▶ [GIVEN RECORDS]
-- ===== src/Xv6/Memory.antt =====
-- The bytes of string.c, B22CS052/Helpful: memory is a function of the address, and no block runs
-- past the last address.
pub mod Laws
use os_project.Base.{
  ℕ, zero, suc, ◌+◌, ◌*◌, ◌/◌, ◌%◌, ◌^◌, Bool, true, false, ◌&&◌, ◌==◌, ltb, leb, if◌then◌else◌,
  update, sub32,
}

-- `stosb` of x86.h
unfoldable pub stosb : ℕ → ℕ → ℕ → (ℕ → ℕ) → ℕ → ℕ
stosb dst c zero mem = mem
stosb dst c (suc n) mem = stosb (dst + 1) c n (update mem dst (c % 256))

-- `stosl` of x86.h: the four bytes of a word, the lowest first.
unfoldable pub stosl : ℕ → ℕ → ℕ → (ℕ → ℕ) → ℕ → ℕ
stosl dst w zero mem = mem
stosl dst w (suc n) mem = stosl (dst + 4) w n (
    update
      (update (update (update mem dst (w % 256)) (dst + 1) (w / 2 ^ 8 % 256)) (dst + 2)
        (w / 2 ^ 16 % 256))
      (dst + 3) (w / 2 ^ 24 % 256))

-- The bytes `c & 0xFF` of a word side by side.
unfoldable pub memset : ℕ → ℕ → ℕ → (ℕ → ℕ) → ℕ → ℕ
memset dst c n mem =
    if dst % 4 == 0 && n % 4 == 0
    then (let b = c % 256 in stosl dst (b * 2 ^ 24 + b * 2 ^ 16 + b * 2 ^ 8 + b) (n / 4) mem)
    else stosb dst c n mem

unfoldable pub memcmp : ℕ → ℕ → ℕ → (ℕ → ℕ) → ℕ
memcmp v₁ v₂ zero mem = 0
memcmp v₁ v₂ (suc n) mem =
    let more = memcmp (v₁ + 1) (v₂ + 1) n mem in
    if mem v₁ == mem v₂ then more else sub32 (mem v₁) (mem v₂)

-- `*d++ = *s++`, n times.
unfoldable pub copy_up : ℕ → ℕ → ℕ → (ℕ → ℕ) → ℕ → ℕ
copy_up d s zero mem = mem
copy_up d s (suc n) mem = copy_up (d + 1) (s + 1) n (update mem d (mem s))

-- `*--d = *--s`, n times, from `d + n` and `s + n`.
unfoldable pub copy_down : ℕ → ℕ → ℕ → (ℕ → ℕ) → ℕ → ℕ
copy_down d s zero mem = mem
copy_down d s (suc n) mem = copy_down d s n (update mem (d + n) (mem (s + n)))

unfoldable pub memmove : ℕ → ℕ → ℕ → (ℕ → ℕ) → ℕ → ℕ
memmove dst src n mem =
    if ltb src dst && ltb dst (src + n) then copy_down dst src n mem else copy_up dst src n mem
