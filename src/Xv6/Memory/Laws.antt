-- ===== src/Xv6/Memory/Laws.antt =====
-- The blocks that memmove, memset and memcmp of B22CS052/Helpful/string.c work on.
use os_project.Base.{
  ℕ, zero, suc, ◌+◌, ◌-◌, ◌*◌, ◌/◌, ◌%◌, ◌^◌, ◌≤◌, ◌<◌, ◌≡◌, ◌⊎◌, inl, inr, refl, sym, ap, ◌∙◌,
  ◌&&◌, ◌==◌, ltb, leb, if◌then◌else◌, arith, update, Bool-cases,
}
use mathlib.Core.Logic.{◌↔◌}
use os_project.Xv6.Memory.{stosb, stosl, memset, memcmp, copy_up, copy_down, memmove}

-- The memory with the block of `n` bytes at `dst` as `block` gives it, by offset.
abbrev pub with_block : ℕ → ℕ → (ℕ → ℕ) → (ℕ → ℕ) → ℕ → ℕ
with_block dst n block mem i = if leb dst i && ltb i (dst + n) then block (i - dst) else mem i

copy_up_lem :
    (d s n : ℕ) (mem : ℕ → ℕ) (i : ℕ)
    → (d ≤ s) ⊎ (s + n ≤ d)
    → copy_up d s n mem i ≡ with_block d n (λ k. mem (s + k)) mem i
unfolding copy_up
copy_up_lem d s zero mem i h = ground arith
copy_up_lem d s (suc n) mem i h =
    copy_up_lem (d + 1) (s + 1) n (update mem d (mem s)) i (ground (arith, h)) ∙ ground (arith, h)

copy_down_lem :
    (d s n : ℕ) (mem : ℕ → ℕ) (i : ℕ)
    → s ≤ d
    → copy_down d s n mem i ≡ with_block d n (λ k. mem (s + k)) mem i
unfolding copy_down
copy_down_lem d s zero mem i h = ground arith
copy_down_lem d s (suc n) mem i h =
    copy_down_lem d s n (update mem (d + n) (mem (s + n))) i h ∙ ground (arith, h)

-- The block at `dst` is afterwards what the block at `src` was before, byte by byte, also where the
-- two overlap, and every other byte stays.
pub memmove_lem :
    (dst src n : ℕ) (mem : ℕ → ℕ) (i : ℕ)
    → memmove dst src n mem i ≡ with_block dst n (λ k. mem (src + k)) mem i
unfolding memmove
memmove_lem dst src n mem i =
    ground (arith, copy_up_lem dst src n mem i, copy_down_lem dst src n mem i)

stosb_lem :
    (dst c n : ℕ) (mem : ℕ → ℕ) (i : ℕ)
    → stosb dst c n mem i ≡ with_block dst n (λ k. c % 256) mem i
unfolding stosb
stosb_lem dst c zero mem i = ground arith
stosb_lem dst c (suc n) mem i = stosb_lem (dst + 1) c n (update mem dst (c % 256)) i ∙ ground arith

-- A word of four equal bytes.
abbrev spread : ℕ → ℕ
spread b = b * 2 ^ 24 + b * 2 ^ 16 + b * 2 ^ 8 + b

spread_bytes :
    (b : ℕ)
    → b < 256
    → (spread b % 256 ≡ b)
      × (spread b / 2 ^ 8 % 256 ≡ b)
      × (spread b / 2 ^ 16 % 256 ≡ b)
      × (spread b / 2 ^ 24 % 256 ≡ b)
spread_bytes b h = omega (arith, h)

stosl_lem :
    (dst b n : ℕ) (mem : ℕ → ℕ) (i : ℕ)
    → b < 256
    → stosl dst (spread b) n mem i ≡ with_block dst (4 * n) (λ k. b) mem i
unfolding stosl
stosl_lem dst b zero mem i h = ground arith
stosl_lem dst b (suc n) mem i h =
    let (b₀, b₁, b₂, b₃) = spread_bytes b h in
    let start : ℕ → ℕ =
      update (update (update (update mem dst b) (dst + 1) b) (dst + 2) b) (dst + 3) b in
    rw (b₀, b₁, b₂, b₃) (stosl_lem (dst + 4) b n start i h ∙ ground arith)

-- Every byte of the block gets the low byte of `c`, whichever of the two instructions sets it, and
-- every other byte stays.
pub memset_lem :
    (dst c n : ℕ) (mem : ℕ → ℕ) (i : ℕ)
    → memset dst c n mem i ≡ with_block dst n (λ k. c % 256) mem i
unfolding memset
memset_lem dst c n mem i =
    let bound : c % 256 < 256 = omega arith in
    elim (Bool-cases (dst % 4 == 0 && n % 4 == 0)) [
      | inl w ↦
          let whole : 4 * (n / 4) ≡ n = ground (arith, w) in
          rw w (
            stosl_lem dst (c % 256) (n / 4) mem i bound
            ∙ ap (λ m. with_block dst m (λ k. c % 256) mem i) whole)
      | inr w ↦ rw w (stosb_lem dst c n mem i)
    ]

memcmp_sound :
    (v₁ v₂ n : ℕ) (mem : ℕ → ℕ)
    → ((i : ℕ) → mem i < 256)
    → memcmp v₁ v₂ n mem ≡ 0
    → (k : ℕ) → k < n
    → mem (v₁ + k) ≡ mem (v₂ + k)
unfolding memcmp
memcmp_sound v₁ v₂ zero mem b h k l = absurd (omega (arith, l))
memcmp_sound v₁ v₂ (suc n) mem b h zero l = ground (arith, h, b v₁, b v₂)
memcmp_sound v₁ v₂ (suc n) mem b h (suc k) l =
    let rest : memcmp (v₁ + 1) (v₂ + 1) n mem ≡ 0 = ground (arith, h, b v₁, b v₂) in
    let p₁ : v₁ + suc k ≡ v₁ + 1 + k = omega arith in
    let p₂ : v₂ + suc k ≡ v₂ + 1 + k = omega arith in
    ap mem p₁ ∙ memcmp_sound (v₁ + 1) (v₂ + 1) n mem b rest k (omega (arith, l)) ∙ sym (ap mem p₂)

memcmp_complete :
    (v₁ v₂ n : ℕ) (mem : ℕ → ℕ)
    → ((k : ℕ) → k < n → mem (v₁ + k) ≡ mem (v₂ + k))
    → memcmp v₁ v₂ n mem ≡ 0
unfolding memcmp
memcmp_complete v₁ v₂ zero mem h = refl
memcmp_complete v₁ v₂ (suc n) mem h =
    let first : mem v₁ ≡ mem v₂ =
      (let p₁ : v₁ ≡ v₁ + 0 = omega arith in
        let p₂ : v₂ ≡ v₂ + 0 = omega arith in ap mem p₁ ∙ h 0 (omega arith) ∙ sym (ap mem p₂)) in
    let rest = memcmp_complete (v₁ + 1) (v₂ + 1) n mem (λ k l.
      let p₁ : v₁ + 1 + k ≡ v₁ + suc k = omega arith in
      let p₂ : v₂ + 1 + k ≡ v₂ + suc k = omega arith in
      ap mem p₁ ∙ h (suc k) (omega (arith, l)) ∙ sym (ap mem p₂)) in
    ground (arith, first, rest)

-- The comparison gives 0 exactly if the two blocks of bytes are equal.
pub memcmp_iff :
    (v₁ v₂ n : ℕ) (mem : ℕ → ℕ)
    → ((i : ℕ) → mem i < 256)
    → (memcmp v₁ v₂ n mem ≡ 0) ↔ ((k : ℕ) → k < n → mem (v₁ + k) ≡ mem (v₂ + k))
memcmp_iff v₁ v₂ n mem b = (memcmp_sound v₁ v₂ n mem b, memcmp_complete v₁ v₂ n mem)
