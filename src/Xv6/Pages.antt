-- ===== src/Xv6/Pages.antt =====
-- The allocator of pages: kalloc.c of B22CS052/Helpful, without its lock. Memory is its words by address.
pub mod Laws
pub mod Runs
pub mod Range
use os_project.Base.{
  ℕ, zero, suc, ◌+◌, ◌-◌, ◌*◌, ◌/◌, ◌%◌, ◌^◌, Bool, true, false, not, ◌&&◌, ◌||◌, Option, none,
  some, ◌==◌, ltb, leb, if◌then◌else◌, update, sub32,
}
use os_project.Console.Enigma.{◌>>=◌}

abbrev pub page_size : ℕ
page_size = 4096

-- `PHYSTOP` and `KERNBASE` of memlayout.h
abbrev pub phys_stop : ℕ
phys_stop = 0xe000000

abbrev pub kern_base : ℕ
kern_base = 0x80000000

pub record Kmem : Type 0 where
  pub word : ℕ → ℕ
  pub freelist : ℕ  -- 0 is the null pointer

-- `memset(v, 1, PGSIZE)`, by words.
unfoldable pub fill_junk : ℕ → (ℕ → ℕ) → ℕ → ℕ
fill_junk v word a = if leb v a && ltb a (v + page_size) then 0x01010101 else word a

-- The page may be freed: `end` is the first address behind the kernel.
abbrev pub is_page : ℕ → ℕ → Bool
is_page end v = v % page_size == 0 && (leb end v && ltb (sub32 v kern_base) phys_stop)

-- `none` is a panic.
unfoldable pub kfree : ℕ → ℕ → Kmem → Option Kmem
unfolding fill_junk
kfree end v k =
    if is_page end v
    then some (record { word = update (fill_junk v k.word) v k.freelist; freelist = v })
    else none

unfoldable pub kalloc : Kmem → ℕ × Kmem
kalloc k = (k.freelist, if k.freelist == 0 then k else record k { freelist = k.word k.freelist })

-- The loop of `freerange` from page `p` on, with `vend`. A round frees a page, so as many rounds as
-- there are pages are enough.
unfoldable pub free_from : ℕ → ℕ → ℕ → ℕ → Kmem → Option Kmem
free_from end vend zero p k = some k
free_from end vend (suc rounds) p k = elim (leb (p + page_size) vend) [
  | true ↦ kfree end p k >>= free_from end vend rounds (p + page_size)
  | false ↦ some k
]

abbrev pub round_up : ℕ → ℕ
round_up a = (a + page_size - 1) / page_size * page_size

unfoldable pub freerange : ℕ → ℕ → ℕ → Kmem → Option Kmem
unfolding free_from
freerange end vstart vend k =
    free_from end vend ((vend - round_up vstart) / page_size) (round_up vstart) k
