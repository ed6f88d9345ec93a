-- ===== src/Xv6/Pages/Laws.antt =====
-- The free list of kalloc.c as a list of pages.
use os_project.Base.{
  ℕ, ◌+◌, ◌%◌, ◌≤◌, ◌<◌, ◌≡◌, ◌≢◌, ◌⊎◌, inl, inr, refl, some, List, [], ◌∷◌, arith, update, All,
  IsDistinct,
}
use mathlib.Core.Path.{subst}
use os_project.Xv6.Pages.{page_size, phys_stop, kern_base, Kmem, fill_junk, kfree, kalloc}

-- The pointers lead through the pages in order, to the null pointer.
abbrev pub Chain : (ℕ → ℕ) → ℕ → List ℕ → Type 0
Chain word p [] = p ≡ 0
Chain word p (q ∷ qs) = (p ≡ q) × Chain word (word q) qs

-- An address of a page that the kernel may give out.
abbrev pub IsPage : ℕ → ℕ → Type 0
IsPage end v = (v % page_size ≡ 0) × (end ≤ v) × (kern_base ≤ v) × (v < kern_base + phys_stop)

-- The list holds the pages `free`, each once.
pub record Holds (end : ℕ) (k : Kmem) (free : List ℕ) : Type 0 where
  pub chain : Chain k.word k.freelist free
  pub pages : All (IsPage end) free
  pub distinct : IsDistinct free

-- Words outside the first of each page do not matter.
pub Chain-cong :
    (word word' : ℕ → ℕ) (p : ℕ) (qs : List ℕ)
    → All (λ q. word q ≡ word' q) qs
    → Chain word p qs
    → Chain word' p qs
Chain-cong word word' p [] h c = c
Chain-cong word word' p (q ∷ qs) h c =
    (c.0, subst (λ a. Chain word' a qs) h.0 (Chain-cong word word' (word q) qs h.1 c.1))

pub All-map : {P Q : ℕ → Type 0} (xs : List ℕ) → ((x : ℕ) → P x → Q x) → All P xs → All Q xs
All-map [] f h = tt
All-map (x ∷ xs) f h = (f x h.0, All-map xs f h.1)

pub All-zip :
    {P Q R : ℕ → Type 0} (xs : List ℕ)
    → ((x : ℕ) → P x → Q x → R x)
    → All P xs
    → All Q xs
    → All R xs
All-zip [] f h k = tt
All-zip (x ∷ xs) f h k = (f x h.0 k.0, All-zip xs f h.1 k.1)

-- A page that is freed comes to the front of the list.
pub kfree_lem :
    (end v : ℕ) (k : Kmem) (free : List ℕ)
    → IsPage end v
    → Holds end k free
    → All (λ q. q ≢ v) free
    → (k' : Kmem) × (kfree end v k ≡ some k') × Holds end k' (v ∷ free)
unfolding kfree
kfree_lem end v k free page h apart = (
  record { word = update (fill_junk v k.word) v k.freelist; freelist = v },
  ground (arith, page),
  record {
    chain = (
      refl,
      subst (λ a. Chain (update (fill_junk v k.word) v k.freelist) a free) first
          (Chain-cong k.word (update (fill_junk v k.word) v k.freelist) k.freelist free
            (All-zip free (λ q p ne. ground (arith, p, ne, page)) h.pages apart) h.chain),
    );
    pages = (page, h.pages);
    distinct = (apart, h.distinct);
  },
)
  where
    first : k.freelist ≡ update (fill_junk v k.word) v k.freelist v
    first = ground arith

-- A page that is given comes from the front of the list; none is given if the list is empty.
pub kalloc_lem :
    (end : ℕ) (k : Kmem) (free : List ℕ)
    → Holds end k free
    → ((free ≡ []) × (kalloc k ≡ (0, k)))
      ⊎ ((q : ℕ) × (rest : List ℕ) × (free ≡ q ∷ rest)
          × (q ≢ 0)
          × (kalloc k ≡ (q, record k { freelist = k.word q }))
          × Holds end (record k { freelist = k.word q }) rest)
unfolding kalloc
kalloc_lem end k [] h = inl (refl, ground (arith, h.chain))
kalloc_lem end k (q ∷ rest) h =
    let some_page : q ≢ 0 = omega (arith, h.pages.0) in
    inr (
      q,
      rest,
      refl,
      some_page,
      ground (arith, h.chain.0, some_page),
      record { chain = h.chain.1; pages = h.pages.1; distinct = h.distinct.1 },
    )

-- A word that is written outside the free pages leaves the list as it is.
pub write_outside :
    (end a w : ℕ) (k : Kmem) (free : List ℕ)
    → Holds end k free
    → All (λ q. (a < q) ⊎ (q + page_size ≤ a)) free
    → Holds end (record k { word = update k.word a w }) free
write_outside end a w k free h apart = record {
  chain =
      Chain-cong k.word (update k.word a w) k.freelist free
        (All-map free (λ q o. ground (arith, o)) apart) h.chain;
  pages = h.pages;
  distinct = h.distinct;
}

▶ [TASK BRIEF] Could you transcribe the entries above word for word, from the line with "stosl_lem dst b zero mem i h = ground arith" down to the line with "(let p₁ : v₁ ≡ v₁ + 0 = omega arith in", keeping both?

▶ [RESULT]
stosl_lem dst b zero mem i h = ground arith
stosl_lem dst b (suc n) mem i h =
    let (b₀, b₁, b₂, b₃) = spread_bytes b h in
    let start : ℕ → ℕ =
      update (update (update (update mem dst b) (dst + 1) b) (dst + 2) b) (dst + 3) b in
    rw (b₀, b₁, b₂, b₃) (stosl_lem (dst + 4) b n start i h ∙ ground arith)

-- Every byte of the block gets the low byte of `c`, whichever of the two instructions sets it, and
-- every other byte stays.
pub memset_lem :
    (dst c n : ℕ) (mem : ℕ → ℕ) (i : ℕ)
    → memset dst c n mem i ≡ with_block dst n (λ k. c % 256) mem i
unfolding memset
memset_lem dst c n mem i =
    let bound : c % 256 < 256 = omega arith in
    elim (Bool-cases (dst % 4 == 0 && n % 4 == 0)) [
      | inl w ↦
          let whole : 4 * (n / 4) ≡ n = ground (arith, w) in
          rw w (
            stosl_lem dst (c % 256) (n / 4) mem i bound
            ∙ ap (λ m. with_block dst m (λ k. c % 256) mem i) whole)
      | inr w ↦ rw w (stosb_lem dst c n mem i)
    ]

memcmp_sound :
    (v₁ v₂ n : ℕ) (mem : ℕ → ℕ)
    → ((i : ℕ) → mem i < 256)
    → memcmp v₁ v₂ n mem ≡ 0
    → (k : ℕ) → k < n
    → mem (v₁ + k) ≡ mem (v₂ + k)
unfolding memcmp
memcmp_sound v₁ v₂ zero mem b h k l = absurd (omega (arith, l))
memcmp_sound v₁ v₂ (suc n) mem b h zero l = ground (arith, h, b v₁, b v₂)
memcmp_sound v₁ v₂ (suc n) mem b h (suc k) l =
    let rest : memcmp (v₁ + 1) (v₂ + 1) n mem ≡ 0 = ground (arith, h, b v₁, b v₂) in
    let p₁ : v₁ + suc k ≡ v₁ + 1 + k = omega arith in
    let p₂ : v₂ + suc k ≡ v₂ + 1 + k = omega arith in
    ap mem p₁ ∙ memcmp_sound (v₁ + 1) (v₂ + 1) n mem b rest k (omega (arith, l)) ∙ sym (ap mem p₂)

memcmp_complete :
    (v₁ v₂ n : ℕ) (mem : ℕ → ℕ)
    → ((k : ℕ) → k < n → mem (v₁ + k) ≡ mem (v₂ + k))
    → memcmp v₁ v₂ n mem ≡ 0
unfolding memcmp
memcmp_complete v₁ v₂ zero mem h = refl
memcmp_complete v₁ v₂ (suc n) mem h =
    let first : mem v₁ ≡ mem v₂ =
      (let p₁ : v₁ ≡ v₁ + 0 = omega arith in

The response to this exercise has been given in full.